Moutet a Miami prova una collaborazione con Tillstrom

19/03/2026 08:28 Nessun commento
Corentin Moutet
Corentin Moutet

Quando si pensa ad un tennista “difficile” da allenare, uno dei primi nella lista del panorama attuale è certamente Corentin Moutet, francese tanto talentoso quanto complicato da frenare nelle sue eruzioni caratteriali davvero esagerate. Basta ricordare il suo incredibile lancio della racchetta addirittura fuori dalle tribune della scorsa settimana al Challenger di Phoenix, dove peraltro ha ritrovato una discreta qualità di gioco dopo tre eliminazioni al primo turno nei tornei ATP disputati. È solo uno dei tanti episodi sopra le righe di una carriera vissuta tra alti e bassi e piuttosto pericolosamente a livello emotivo.

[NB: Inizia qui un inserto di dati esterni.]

-- ===== src/Cancel.antt =====
-- The cancellable sleep of crates/imi-core/src/common/cancel.rs. Times are in nanoseconds.
pub mod Wait
use imi.Common.{
  ℕ, zero, suc, ◌+◌, ◌-◌, ◌*◌, ◌/◌, min, Option, none, some, Bool, true, false, leb, ◌==◌,
  if◌then◌else◌,
}
use imi.Error.{msg, out_of_fuel}
use imi.Exec.{Exec, pure, raise, get, act, ◌>>=◌, ◌>>◌}
use imi.Host.{Host}

-- `TICK`, 100 ms
abbrev pub tick : ℕ
tick = 100_000_000

-- the loops take at most this many rounds
abbrev pub rounds : ℕ → ℕ
rounds total = total / tick + 2

module _ (h : Host) where
  open h use {World, load_cancel, now, sleep, deadline}

  -- the loop against a deadline
  pub until : ℕ → ℕ → Exec World (Unit {0})
  until zero end = raise (msg out_of_fuel)
  until (suc fuel) end = do
    cancelled ← get load_cancel
    if cancelled then pure tt else do
      t ← get now
      let remaining = end - t
      if remaining == 0 then pure tt else do act (sleep (min remaining tick)); until fuel end

  -- the loop that counts down, where no deadline can be represented
  pub count_down : ℕ → ℕ → Exec World (Unit {0})
  count_down zero left = raise (msg out_of_fuel)
  count_down (suc fuel) left = if left == 0 then pure tt else do
    cancelled ← get load_cancel
    if cancelled
        then pure tt
        else do let step = min left tick; act (sleep step); count_down fuel (left - step)

  abbrev pub wait_for : ℕ → Option ℕ → Exec World (Unit {0})
  wait_for total (some end) = until (rounds total) end
  wait_for total none = count_down (rounds total) total

  unfoldable pub cancellable_sleep : ℕ → Exec World (Unit {0})
  unfolding until count_down
  cancellable_sleep total =
      if leb total tick
      then (if total == 0 then pure tt else act (sleep total))
      else do end ← get (deadline total); wait_for total end
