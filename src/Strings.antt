-- ===== src/Strings.antt =====
-- What the crate uses of Rust's strings and paths, on bytes: `split`, `split_once`, `lines`,
-- `u64::from_str`, `String::from_utf8_lossy` and `Path::components`.
pub mod Utf8
pub mod Split
pub mod Chars
use imi.Common.{
  ℕ, zero, suc, ◌+◌, ◌-◌, ◌*◌, ◌^◌, Bytes, List, [], ◌∷◌, ◌++◌, Option, none, some, Bool, true,
  false, not, ◌&&◌, ◌||◌, ltb, leb, ◌==◌, if◌then◌else◌, bytes_eq,
}

abbrev pub cons_first : ℕ → List Bytes → List Bytes
cons_first c [] = (c ∷ []) ∷ []
cons_first c (t ∷ ts) = (c ∷ t) ∷ ts

-- `split` at a byte
unfoldable pub split_on : ℕ → Bytes → List Bytes
split_on sep [] = [] ∷ []
split_on sep (c ∷ cs) =
    let rest = split_on sep cs in if c == sep then [] ∷ rest else cons_first c rest

abbrev cons_fst : ℕ → Option (Bytes × Bytes) → Option (Bytes × Bytes)
cons_fst c none = none
cons_fst c (some (a, b)) = some (c ∷ a, b)

-- `split_once` at a byte
unfoldable pub split_once : ℕ → Bytes → Option (Bytes × Bytes)
split_once sep [] = none
split_once sep (c ∷ cs) =
    let rest = split_once sep cs in if c == sep then some ([], cs) else cons_fst c rest

-- a line without the `\r` before its `\n`
abbrev strip_cr : Bytes → Bytes
strip_cr [] = []
strip_cr (c ∷ []) = if c == 13 then [] else c ∷ []
strip_cr (c ∷ d ∷ cs) = c ∷ strip_cr (d ∷ cs)

-- all but a last empty piece; the last line keeps its `\r`
abbrev each_line : List Bytes → List Bytes
each_line [] = []
each_line ([] ∷ []) = []
each_line (t ∷ []) = t ∷ []
each_line (t ∷ u ∷ ts) = strip_cr t ∷ each_line (u ∷ ts)

-- `str::lines`
unfoldable pub lines : Bytes → List Bytes
unfolding split_on
lines s = each_line (split_on 10 s)

abbrev pub is_ascii_digit : ℕ → Bool
is_ascii_digit c = leb 48 c && leb c 57

-- the value of a string of digits, behind digits of the value `acc`
unfoldable pub digits : ℕ → Bytes → Option ℕ
digits acc [] = some acc
digits acc (c ∷ cs) =
    let rest = digits (acc * 10 + (c - 48)) cs in if is_ascii_digit c then rest else none

abbrev fits_u64 : Option ℕ → Option ℕ
fits_u64 none = none
fits_u64 (some n) = if ltb n (2 ^ 64) then some n else none

abbrev unsigned : Bytes → Option ℕ
unsigned [] = none
unsigned (c ∷ cs) = fits_u64 (digits 0 (c ∷ cs))

-- `u64::from_str`; its error is not told apart
unfoldable pub parse_u64 : Bytes → Option ℕ
unfolding digits
parse_u64 [] = none
parse_u64 (c ∷ cs) = if c == 43 then unsigned cs else unsigned (c ∷ cs)

-- the pieces of a path that name something
abbrev named : List Bytes → List Bytes
named [] = []
named ([] ∷ ts) = named ts
named ((c ∷ t) ∷ ts) = if bytes_eq (c ∷ t) (46 ∷ []) then named ts else (c ∷ t) ∷ named ts

abbrev relative : List Bytes → List Bytes
relative [] = []
relative (t ∷ ts) = if bytes_eq t (46 ∷ []) then t ∷ named ts else named (t ∷ ts)

abbrev is_absolute : Bytes → Bool
is_absolute [] = false
is_absolute (c ∷ cs) = c == 47

-- `Path::components`, the root as `/`
unfoldable pub components : Bytes → List Bytes
unfolding split_on bytes_eq
components p = if is_absolute p then (47 ∷ []) ∷ named (split_on 47 p) else relative (split_on 47 p)

unfoldable pub is_prefix : List Bytes → List Bytes → Bool
unfolding bytes_eq
is_prefix [] ys = true
is_prefix (x ∷ xs) [] = false
is_prefix (x ∷ xs) (y ∷ ys) = bytes_eq x y && is_prefix xs ys

-- `Path::starts_with`
unfoldable pub path_starts_with : Bytes → Bytes → Bool
unfolding components is_prefix
path_starts_with path base = is_prefix (components base) (components path)
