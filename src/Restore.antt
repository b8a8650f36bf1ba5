-- ===== src/Restore.antt =====
-- internal/restore: what a restored container is made of.
pub mod Spec
pub mod Mounts
pub mod Extra
mod Tests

Dopo l’Australian Open dello scorso gennaio il francese ha messo la parola fine alla collaborazione con Hugo Guerriero, restando senza coach per diverse settimane. L’attuale numero 33 del ranking ATP è arrivato a Miami insieme a Mikael Tillstrom, allenatore molto affidabile con un passato ricco di collaborazioni di alto livello, tra cui – per restare in Francia – Monfils tra il 2015 e il 2018 e poi dal 2023 al 2025. Lo svedese, buon tennista negli anni ’90 (raggiunse il numero 39 nel ranking) ha fondato la Good to Great Tennis Academy insieme a Magnus Norman e Nicklas Kulti, e nel 2025 ha seguito per alcuni mesi anche il canadese Denis Shapovalov.

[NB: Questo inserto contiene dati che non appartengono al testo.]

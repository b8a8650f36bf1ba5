-- ===== src/Restore/Spec.antt =====
-- internal/restore/specrewrite.go: RewriteSpec between reading spec.dump and writing config.json, of
-- the parts of a spec that it touches (the rest is one value), and ValidateGPUDevices. `exists` is
-- whether os.Stat finds a path, `entries` what os.ReadDir answers.
use pod_snapshotter.Base.{
  ℕ, zero, suc, Bool, true, false, not, ◌&&◌, ◌||◌, Option, none, some, List, [], ◌∷◌, ◌++◌, map,
  any, leb, is_empty, if◌then◌else◌,
}
use pod_snapshotter.Base.Bytes.{Bytes, codes, eqb, has_prefix, contains}
use pod_snapshotter.Base.Int.{ℤ}
use pod_snapshotter.Go.Path.{slash, join_path, base}
use pod_snapshotter.Agent.Config.{decimal}

pub data NamespaceType : Type 0 where
  network_ns ipc_ns uts_ns pid_ns mount_ns : NamespaceType
  other_ns : Bytes → NamespaceType

pub record Namespace : Type 0 where
  pub type : NamespaceType
  pub path : Bytes

pub record Mount : Type 0 where
  pub destination : Bytes
  pub type : Bytes
  pub source : Bytes
  pub options : List Bytes

-- ExtraMount of bundle.go
pub record ExtraMount : Type 0 where
  pub container_path : Bytes
  pub host_path : Bytes

pub record SandboxTarget : Type 0 where
  pub pause_pid : ℤ
  pub pod_uid : Bytes
  pub old_pod_uid : Bytes
  pub cgroups_path : Bytes
  pub rootfs_path : Bytes
  pub sandbox_id : Bytes
  pub keeper_mounts : Bytes → Bytes  -- the empty text for a missing key
  pub extra_mounts : List ExtraMount
  pub host_root : Bytes

-- Of the process and the root of a spec, both of which may be missing.
pub record Process : Type 0 where
  pub apparmor_profile : Bytes
  pub selinux_label : Bytes
  pub others : Bytes

pub record Root : Type 0 where
  pub path : Bytes
  pub others : Bytes

-- A spec that has a linux section.
pub record RuntimeSpec : Type 0 where
  pub namespaces : List Namespace
  pub cgroups_path : Bytes
  pub allows_all_devices : Bool
  pub process : Option Process
  pub root : Option Root
  pub mounts : List Mount
  pub others : Bytes

-- nsPath
unfoldable pub ns_path : ℤ → Bytes → Bytes
ns_path pid kind = codes "/proc/" ++ (decimal pid ++ (codes "/ns/" ++ kind))

-- The loop over the namespaces.
unfoldable pub join_namespace : ℤ → Namespace → Namespace
join_namespace pid ns = elim ns.type [
  | network_ns ↦ record ns { path = ns_path pid (codes "net") }
  | ipc_ns ↦ record ns { path = ns_path pid (codes "ipc") }
  | uts_ns ↦ record ns { path = ns_path pid (codes "uts") }
  | pid_ns ↦ record ns { path = [] }
  | mount_ns ↦ record ns { path = [] }
  | other_ns t ↦ ns
]

abbrev is_hex : ℕ → Bool
is_hex a = (leb b'0' a && leb a b'9') || (leb b'a' a && leb a b'f')

-- `n` hexadecimal digits and then a slash.
sandbox_id_follows : ℕ → Bytes → Bool
sandbox_id_follows n [] = false
sandbox_id_follows zero (a ∷ s) = eqb (a ∷ []) (slash ∷ [])
sandbox_id_follows (suc n) (a ∷ s) = is_hex a && sandbox_id_follows n s

-- What stands after a prefix.
unfoldable pub after_prefix : Bytes → Bytes → Bytes
after_prefix [] s = s
after_prefix (b ∷ p) [] = []
after_prefix (b ∷ p) (a ∷ s) = after_prefix p s

abbrev sandboxes : Bytes
sandboxes = codes "/sandboxes/"

abbrev matches_sandbox : Bytes → Bool
matches_sandbox s = has_prefix s sandboxes && sandbox_id_follows 64 (after_prefix sandboxes s)

-- sandboxDirRe.ReplaceAllString: a match has 76 bytes; `skip` of them are left to pass over.
unfoldable pub replace_sandbox : Bytes → ℕ → Bytes → Bytes
unfolding sandbox_id_follows
replace_sandbox id skip [] = []
replace_sandbox id (suc skip) (a ∷ s) = replace_sandbox id skip s
replace_sandbox id zero (a ∷ s) =
    let next = replace_sandbox id 0 s in
    let after = replace_sandbox id 75 s in
    if matches_sandbox (a ∷ s) then sandboxes ++ (id ++ (slash ∷ after)) else a ∷ next

-- hasBindOption
unfoldable pub has_bind_option : List Bytes → Bool
has_bind_option options = any (λ o. eqb o (codes "bind") || eqb o (codes "rbind")) options

-- isNvidiaDevice
unfoldable pub is_nvidia_device : Bytes → Bool
is_nvidia_device dest =
    has_prefix dest (codes "/dev/")
    && (has_prefix (base dest) (codes "nvidia")
        || eqb (base dest) (codes "nvidia-uvm")
        || eqb (base dest) (codes "nvidiactl"))

-- The propagation options.
unfoldable pub is_propagation : Bytes → Bool
is_propagation o =
    eqb o (codes "shared")
    || eqb o (codes "rshared")
    || eqb o (codes "slave")
    || eqb o (codes "rslave")
    || eqb o (codes "private")
    || eqb o (codes "rprivate")
    || eqb o (codes "unbindable")
    || eqb o (codes "runbindable")

unfoldable pub without_propagation : List Bytes → List Bytes
without_propagation [] = []
without_propagation (o ∷ options) =
    let rest = without_propagation options in if is_propagation o then rest else o ∷ rest

-- ensureOption, for the one option that it is called with.
unfoldable pub ensure_private : List Bytes → List Bytes
ensure_private options =
    if any (λ o. eqb o (codes "rprivate")) options
    then options
    else without_propagation options ++ codes "rprivate" ∷ []

abbrev pub pod_prefix : Bytes → Bytes
pod_prefix uid = codes "/var/lib/kubelet/pods/" ++ (uid ++ codes "/")

-- path.Split: the directory, its slash included, and the name.
unfoldable pub split_path : Bytes → Bytes × Bytes
split_path [] = ([], [])
split_path (a ∷ s) =
    let rest = split_path s in if contains slash (a ∷ s) then (a ∷ rest.0, rest.1) else ([], a ∷ s)

-- `base[:dash+1]` of the last dash, or none.
unfoldable pub dash_prefix : Bytes → Option Bytes
dash_prefix [] = none
dash_prefix (a ∷ s) =
    let rest = dash_prefix s in
    elim rest [
      | some p ↦ some (a ∷ p)
      | none ↦ if eqb (a ∷ []) (codes "-") then some (a ∷ []) else none
    ]

-- The loop over the siblings: the one with the prefix, if there is one and no other.
unfoldable pub unique_match : Bytes → List Bytes → Bytes → Bytes
unique_match prefix [] found = found
unique_match prefix (e ∷ names) found =
    let next = unique_match prefix names found in
    let first = unique_match prefix names e in
    if not (has_prefix e prefix) then next else if not (eqb found []) then [] else first

module _ (exists : Bytes → Bool) (entries : Bytes → Option (List Bytes)) where
  -- resolveVolumeDir, the prefix of the name being more than a dash.
  unfoldable pub resolve_sibling : Bytes → Bytes → Bytes → Bytes
  resolve_sibling src dir prefix = elim (entries dir) [
    | none ↦ src
    | some names ↦
        let found = unique_match prefix names [] in if eqb found [] then src else dir ++ found
  ]

  -- resolveVolumeDir
  unfoldable pub resolve_volume_dir : Bytes → Bytes
  resolve_volume_dir src = if exists src then src else elim (dash_prefix (split_path src).1) [
    | none ↦ src
    | some prefix ↦
        if eqb prefix (codes "-") then src else resolve_sibling src (split_path src).0 prefix
  ]

  -- The four rewritings of a mount's source, in turn.
  unfoldable pub moved_to_pod : SandboxTarget → Bytes → Bytes
  moved_to_pod t source =
      if not (eqb t.old_pod_uid [])
        && not (eqb t.pod_uid [])
        && has_prefix source (pod_prefix t.old_pod_uid)
      then pod_prefix t.pod_uid ++ after_prefix (pod_prefix t.old_pod_uid) source
      else source

  unfoldable pub moved_to_sandbox : SandboxTarget → Bytes → Bytes
  moved_to_sandbox t source =
      if not (eqb t.sandbox_id []) then replace_sandbox t.sandbox_id 0 source else source

  unfoldable pub resolved_volume : SandboxTarget → Bytes → Bytes
  resolved_volume t source =
      if has_prefix source (pod_prefix t.pod_uid) then resolve_volume_dir source else source

  unfoldable pub borrowed : SandboxTarget → Mount → Bytes → Bytes
  borrowed t m source =
      if (eqb m.type (codes "bind") || has_bind_option m.options)
        && not (exists source)
        && not (eqb (t.keeper_mounts m.destination) [])
      then t.keeper_mounts m.destination
      else source

  -- The body of the loop over the mounts.
  unfoldable pub rewrite_mount : SandboxTarget → Mount → Mount
  rewrite_mount t m = record m {
    source = borrowed t m (resolved_volume t (moved_to_sandbox t (moved_to_pod t m.source)));
    options = if is_nvidia_device m.destination then ensure_private m.options else m.options;
  }

  abbrev pub bound : ExtraMount → Mount
  bound e = record {
    destination = e.container_path;
    type = codes "bind";
    source = e.host_path;
    options = codes "rbind" ∷ codes "rprivate" ∷ codes "ro" ∷ codes "nosuid" ∷ codes "nodev" ∷ [];
  }

  abbrev pub is_destination : Bytes → List Mount → Bool
  is_destination d mounts = any (λ m. eqb m.destination d) mounts

  -- What keeps an extra mount out of the spec.
  unfoldable pub left_out : SandboxTarget → ExtraMount → List Mount → Bool
  left_out t e mounts =
      is_destination e.container_path mounts
      || has_prefix e.container_path (codes "/proc/")
      || eqb e.host_path []
      || not (exists (join_path (t.host_root ∷ e.host_path ∷ [])))

  -- The loop over the extra mounts.
  unfoldable pub add_mounts : SandboxTarget → List ExtraMount → List Mount → List Mount
  add_mounts t [] mounts = mounts
  add_mounts t (e ∷ extra) mounts =
      let kept = add_mounts t extra mounts in
      let added = add_mounts t extra (mounts ++ bound e ∷ []) in
      if left_out t e mounts then kept else added

  abbrev unconfined : Process → Process
  unconfined p = record p { apparmor_profile = []; selinux_label = [] }

  unfoldable pub process_of : Option Process → Option Process
  process_of none = none
  process_of (some p) = some (unconfined p)

  unfoldable pub root_of : Bytes → Option Root → Option Root
  root_of path none = if eqb path [] then none else some (record { path = path; others = [] })
  root_of path (some r) = if eqb path [] then some r else some (record r { path = path })

  -- RewriteSpec
  unfoldable pub rewrite_spec : SandboxTarget → RuntimeSpec → RuntimeSpec
  rewrite_spec t spec = record spec {
    namespaces = map (join_namespace t.pause_pid) spec.namespaces;
    cgroups_path = if not (eqb t.cgroups_path []) then t.cgroups_path else spec.cgroups_path;
    allows_all_devices = true;
    process = process_of spec.process;
    root = root_of t.rootfs_path spec.root;
    mounts = add_mounts t t.extra_mounts (map (rewrite_mount t) spec.mounts);
  }

  -- The sources of the device nodes that ValidateGPUDevices misses.
  unfoldable pub missing_devices : List Mount → List Bytes
  missing_devices [] = []
  missing_devices (m ∷ mounts) =
      let rest = missing_devices mounts in
      if is_nvidia_device m.destination && not (exists m.source) then m.source ∷ rest else rest

  -- ValidateGPUDevices succeeds
  unfoldable pub gpu_devices_present : RuntimeSpec → Bool
  gpu_devices_present spec = is_empty (missing_devices spec.mounts)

“Sto facendo un periodo di prova con un allenatore qui” ha raccontato Moutet alla stampa francese lo scorso martedì senza fare il nome dello svedese. “Faremo un test nei prossimi tornei e poi vedremo come andrà. Sono molto contento che abbia accettato di lavorare con me, che abbia fiducia in questo progetto e che possiamo iniziare questa collaborazione. È stato utile giocare qualche match in più a Phoenix, passare tempo in campo, fare punti e rimettermi in situazione partita”. Il nome del nuovo coach è stato rivelato dal suo primo allenamento a Miami, insieme a Mikael.

Durante questo periodo di transizione senza coach, Moutet non ha giocato affatto bene, soffrendo tre eliminazioni al primo turno a Delray Beach, Acapulco e Indian Wells, prima di ritrovare un discreto livello di gioco la scorsa settimana al quotato Challenger di Phoenix, dove è arrivato in semifinale. “Mi sento bene, sono arrivato a Miami domenica sera e ho avuto tempo per allenarmi. È stato importante giocare partite in più a Phoenix, stare in campo, disputare scambi e ritrovare il ritmo partita. Qui sto prendendo le misure” conclude Corentin.

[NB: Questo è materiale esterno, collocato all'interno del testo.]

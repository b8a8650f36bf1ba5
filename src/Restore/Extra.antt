-- ===== src/Restore/Extra.antt =====
-- What the recorded mounts add to a spec, and the check of the device nodes.
use pod_snapshotter.Base.{
  ◌≡◌, ◌≢◌, refl, Bool, true, false, Option, List, [], ◌∷◌, ◌++◌, map, All, All-append, arith,
  if_split, ◌↔◌, is_empty,
}
use pod_snapshotter.Base.Bytes.{Bytes, eqb_iff}
use pod_snapshotter.Restore.Spec.{
  Mount, ExtraMount, SandboxTarget, RuntimeSpec, is_nvidia_device, rewrite_mount, left_out,
  add_mounts, rewrite_spec, missing_devices, gpu_devices_present, is_destination,
}

-- No two mounts have the same destination.
abbrev pub Distinct : List Mount → Type 0
Distinct [] = Unit
Distinct (m ∷ mounts) = All (λ n. n.destination ≢ m.destination) mounts × Distinct mounts

Distinct-snoc :
    (mounts : List Mount) (e : Mount)
    → Distinct mounts
    → All (λ m. e.destination ≢ m.destination) mounts
    → Distinct (mounts ++ e ∷ [])
Distinct-snoc [] e h k = (tt, tt)
Distinct-snoc (m ∷ mounts) e h k =
    (All-append _ mounts _ h.0 (k.0, tt), Distinct-snoc mounts e h.1 k.1)

module _ (exists : Bytes → Bool) (entries : Bytes → Option (List Bytes)) where
  not_destination :
      (d : Bytes) (mounts : List Mount)
      → is_destination exists entries d mounts ≡ false
      → All (λ m. d ≢ m.destination) mounts
  not_destination d [] h = tt
  not_destination d (m ∷ mounts) h =
      (ground (arith, eqb_iff m.destination d), not_destination d mounts (ground arith))

  added :
      (t : SandboxTarget) (e : ExtraMount) (mounts : List Mount)
      → left_out exists entries t e mounts ≡ false
      → is_destination exists entries e.container_path mounts ≡ false
  unfolding left_out
  added t e mounts h = ground arith

  add_mounts-Distinct :
      (t : SandboxTarget) (extra : List ExtraMount) (mounts : List Mount)
      → Distinct mounts
      → Distinct (add_mounts exists entries t extra mounts)
  unfolding add_mounts
  add_mounts-Distinct t [] mounts h = h
  add_mounts-Distinct t (e ∷ extra) mounts h =
      if_split Distinct (left_out exists entries t e mounts) _ _
        (λ _. add_mounts-Distinct t extra mounts h)
        (λ n.
          add_mounts-Distinct t extra _ (
            Distinct-snoc mounts _ h
              (not_destination e.container_path mounts (added t e mounts n))))

  mapped-All :
      (t : SandboxTarget) (d : Bytes) (mounts : List Mount)
      → All (λ n. n.destination ≢ d) mounts
      → All (λ n. n.destination ≢ d) (map (rewrite_mount exists entries t) mounts)
  unfolding rewrite_mount
  mapped-All t d [] h = tt
  mapped-All t d (m ∷ mounts) h = (h.0, mapped-All t d mounts h.1)

  mapped-Distinct :
      (t : SandboxTarget) (mounts : List Mount)
      → Distinct mounts
      → Distinct (map (rewrite_mount exists entries t) mounts)
  unfolding rewrite_mount
  mapped-Distinct t [] h = tt
  mapped-Distinct t (m ∷ mounts) h =
      (mapped-All t m.destination mounts h.0, mapped-Distinct t mounts h.1)

  -- Where the mounts of the dumped spec have different destinations, so have those of the rewritten
  -- one: no recorded mount is added at a destination that is taken, by the spec or by another.
  pub rewrite_spec-Distinct :
      (t : SandboxTarget) (spec : RuntimeSpec)
      → Distinct spec.mounts
      → Distinct (rewrite_spec exists entries t spec).mounts
  unfolding rewrite_spec
  rewrite_spec-Distinct t spec h =
      add_mounts-Distinct t t.extra_mounts _ (mapped-Distinct t spec.mounts h)

  -- A device node of NVIDIA is there.
  abbrev pub IsPresent : Mount → Type 0
  IsPresent m = is_nvidia_device m.destination ≡ true → exists m.source ≡ true

  missing_devices-nil :
      (mounts : List Mount)
      → is_empty (missing_devices exists entries mounts) ≡ true
      → All IsPresent mounts
  unfolding missing_devices
  missing_devices-nil [] h = tt
  missing_devices-nil (m ∷ mounts) h =
      ((λ n. ground arith), missing_devices-nil mounts (ground arith))

  none_missing :
      (mounts : List Mount)
      → All IsPresent mounts
      → is_empty (missing_devices exists entries mounts) ≡ true
  unfolding missing_devices
  none_missing [] h = refl
  none_missing (m ∷ mounts) h = ground (arith, h.0, none_missing mounts h.1)

  -- The check of the device nodes succeeds exactly if the source of every mount of an NVIDIA device
  -- node exists on the node.
  pub gpu_devices_present_iff :
      (spec : RuntimeSpec)
      → (gpu_devices_present exists entries spec ≡ true) ↔ All IsPresent spec.mounts
  unfolding gpu_devices_present
  gpu_devices_present_iff spec = (missing_devices-nil spec.mounts, none_missing spec.mounts)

Moutet nel draw di Miami è testa di serie numero 30 ed attende al secondo turno il vincente tra l’americano Emilio Nava o il ceco Tomas Machac. Chissà se Tillstrom riuscirà a frenare gli istinti distruttivi del francese e tenerlo più calmo in campo, ad esaltare quel talento che lo rende un giocatore a suo modo unico e più che discreto.